Maliszewski Anne M, Goldenberg Don L, Hurwitz Shelley, Adler Gail K
Brigham and Women's Hospital, Department of Medicine, Harvard Medical School, Boston, Massachusetts 02115, USA.
J Rheumatol. 2002 Jul;29(7):1482-7.
To assess the function of the renin-angiotensin-aldosterone (RAA) system in women with fibromyalgia (FM) compared to healthy women.
Women with FM [n = 14, age 41.0+/-7.2 yrs, body mass index (BMI) 26.4+/-5.4 kg/m2] and healthy women (n = 13, age 40.0+/-7.7 yrs, BMI 25.0+/-5.0 kg/m2) were placed on a low sodium diet (10 mEq sodium/day) for 5 days. After being supine and fasting overnight, subjects received an intravenous infusion of angiotensin II at successive doses of 1, 3, and 10 ng/kg/min for 45 min per dose. Blood pressure (BP), plasma renin activity (PRA), aldosterone, and cortisol were measured at baseline and after each dose of angiotensin II. Prior to sodium restriction, women with FM completed the Hopkins Symptom Checklist-90, which included a question grading the extent of dizziness/faintness on a scale of 0 (none) to 4 (extremely).

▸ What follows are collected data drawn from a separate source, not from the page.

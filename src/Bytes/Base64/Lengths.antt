-- ===== src/Bytes/Base64/Lengths.antt =====
-- How many bytes a text stands for, and how many the decoder writes.
use vicare_scheme.Base.{
  ℕ, zero, suc, ◌+◌, ◌-◌, ◌*◌, ◌%◌, ◌≤◌, ◌≡◌, refl, ap, ◌∙◌, List, [], ◌∷◌, ◌++◌, Option, none,
  some, arith, ◌==◌, if◌then◌else◌, length, get_or, length-append,
}
use vicare_scheme.Bytes.Base64.{
  encode, number_of_groups, written_before, written, decode, decode_group, characters,
  output_length,
}
use vicare_scheme.Base.{All}
use vicare_scheme.Bytes.{IsByte, answer_or}
use vicare_scheme.Bytes.Base64.Groups.{bytes-Group}

pub length-encode : (bytes : List ℕ) → length (encode bytes) ≡ 4 * number_of_groups (length bytes)
unfolding encode number_of_groups
length-encode [] = refl
length-encode (a ∷ []) = refl
length-encode (a ∷ b ∷ []) = refl
length-encode (a ∷ b ∷ c ∷ rest) = ground (arith, length-encode rest)

get_or-skip :
    (a b c d i : ℕ) (rest : List ℕ)
    → 4 ≤ i
    → get_or (a ∷ b ∷ c ∷ d ∷ rest) i 0 ≡ get_or rest (i - 4) 0
get_or-skip a b c d zero rest h = absurd (omega arith)
get_or-skip a b c d (suc zero) rest h = absurd (omega arith)
get_or-skip a b c d (suc (suc zero)) rest h = absurd (omega arith)
get_or-skip a b c d (suc (suc (suc zero))) rest h = absurd (omega arith)
get_or-skip a b c d (suc (suc (suc (suc i)))) rest h = ap (λ j. get_or rest j 0) (omega arith)

pub output_length-group :
    (a b c d : ℕ) (rest : List ℕ)
    → 4 ≤ length rest
    → output_length (a ∷ b ∷ c ∷ d ∷ rest) ≡ 3 + output_length rest
unfolding output_length
output_length-group a b c d rest h =
    let n = length rest in
    let e : get_or (a ∷ b ∷ c ∷ d ∷ rest) (n + 4 - 1) 0 ≡ get_or rest (n - 1) 0 =
      get_or-skip a b c d (n + 4 - 1) rest (omega arith)
      ∙ ap (λ j. get_or rest j 0) (omega arith) in
    let f : get_or (a ∷ b ∷ c ∷ d ∷ rest) (n + 4 - 2) 0 ≡ get_or rest (n - 2) 0 =
      get_or-skip a b c d (n + 4 - 2) rest (omega arith)
      ∙ ap (λ j. get_or rest j 0) (omega arith) in
    ground (arith, e, f)

pub output_length-append :
    (x t : List ℕ)
    → 4 ≤ length t
    → output_length (encode x ++ t) ≡ 3 * number_of_groups (length x) + output_length t
unfolding encode number_of_groups
output_length-append [] t h = omega arith
output_length-append (a ∷ []) t h = output_length-group _ _ _ _ t h
output_length-append (a ∷ b ∷ []) t h = output_length-group _ _ _ _ t h
output_length-append (a ∷ b ∷ c ∷ rest) t h =
    let e : 4 ≤ length (encode rest ++ t) = omega (arith, length-append (encode rest) t) in
    output_length-group _ _ _ _ (encode rest ++ t) e ∙ ground (arith, output_length-append rest t h)

pub encode-nonempty : (a : ℕ) (rest : List ℕ) → 4 ≤ length (encode (a ∷ rest))
unfolding number_of_groups
encode-nonempty a rest = ground (arith, length-encode (a ∷ rest))

pub output_length-encode :
    (bytes : List ℕ) → All IsByte bytes → output_length (encode bytes) ≡ length bytes
unfolding encode output_length
output_length-encode [] h = refl
output_length-encode (a ∷ []) h = refl
output_length-encode (a ∷ b ∷ []) (ha, (hb, h)) =
    let e = (bytes-Group a b 0 ha hb (omega arith)).low_third.no_padding in rw e refl
output_length-encode (a ∷ b ∷ c ∷ []) (ha, (hb, (hc, h))) =
    let e = (bytes-Group a b c ha hb hc).fourth.no_padding in rw e refl
output_length-encode (a ∷ b ∷ c ∷ d ∷ rest) (ha, (hb, (hc, h))) =
    output_length-group _ _ _ _ (encode (d ∷ rest)) (encode-nonempty d rest)
    ∙ omega (arith, output_length-encode (d ∷ rest) h)

-- How many bytes a decoded group has.
group_size : ℕ → ℕ → ℕ
group_size c d = if characters c d == 4 then 3 else if characters c d == 3 then 2 else 1

group_size-le : (c d : ℕ) → group_size c d ≤ 3
unfolding group_size
group_size-le c d = ground arith

-- A round writes the bytes of its group or none.
length-group :
    (a b c d : ℕ) (later : List ℕ)
    → length (written_before (decode_group a b c d (some [])) later) ≤ group_size c d + length later
unfolding decode_group group_size written_before
length-group a b c d later = ground arith

length-last :
    (a b c d : ℕ)
    → length (written_before (decode_group a b c d (some [])) [])
      ≤ output_length (a ∷ b ∷ c ∷ d ∷ [])
unfolding output_length group_size characters
length-last a b c d = ground (arith, length-group a b c d [])

-- What a round answers is what is written from it on, if the later rounds answer what they write.
group_answers :
    (a b c d : ℕ) (rest : List ℕ) (answer : Option (List ℕ))
    → answer_or answer rest ≡ rest
    → answer_or (decode_group a b c d answer) (written_before (decode_group a b c d (some [])) rest)
      ≡ written_before (decode_group a b c d (some [])) rest
unfolding decode_group written_before
group_answers a b c d rest none h = ground arith
group_answers a b c d rest (some bytes) h = ground (arith, h)

decode-answers : (input : List ℕ) → answer_or (decode input) (written input) ≡ written input
unfolding decode written
decode-answers [] = refl
decode-answers (a ∷ []) = refl
decode-answers (a ∷ b ∷ []) = refl
decode-answers (a ∷ b ∷ c ∷ []) = refl
decode-answers (a ∷ b ∷ c ∷ d ∷ rest) =
    group_answers a b c d (written rest) (decode rest) (decode-answers rest)

length-written :
    (input : List ℕ) → length input % 4 ≡ 0 → length (written input) ≤ output_length input
unfolding written
length-written [] h = omega arith
length-written (a ∷ []) h = omega arith
length-written (a ∷ b ∷ []) h = omega arith
length-written (a ∷ b ∷ c ∷ []) h = omega arith
length-written (a ∷ b ∷ c ∷ d ∷ []) h = length-last a b c d
length-written (a ∷ b ∷ c ∷ d ∷ x ∷ rest) h =
    let four : 4 ≤ length (x ∷ rest) = omega arith in
    let below : length (written (x ∷ rest)) ≤ output_length (x ∷ rest) =
      length-written (x ∷ rest) (omega arith) in
    omega (
      arith,
      output_length-group a b c d (x ∷ rest) four,
      group_size-le c d,
      length-group a b c d (written (x ∷ rest)),
    )

-- On any text whose length is a multiple of 4, wherever padding or refused characters stand in it,
-- the decoder writes no more bytes than `output_length`, the length of the bytevector it writes to.
-- Where it answers, the answer is the bytes that it has written.
pub decode-fits :
    (input : List ℕ)
    → length input % 4 ≡ 0
    → (length (written input) ≤ output_length input)
      × (answer_or (decode input) (written input) ≡ written input)
decode-fits input h = (length-written input h, decode-answers input)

After dietary sodium restriction, baseline PRA, aldosterone, and supine BP were similar in healthy women and women with FM. Aldosterone and BP rose in response to infused angiotensin II; these responses did not differ significantly between healthy women and women with FM. In women with FM, symptoms of dizziness correlated inversely with BMI (r = -0.81, p < 0.001) and the systolic BP response to 10 ng/kg/min angiotensin II (r = -0.81, p < 0.001).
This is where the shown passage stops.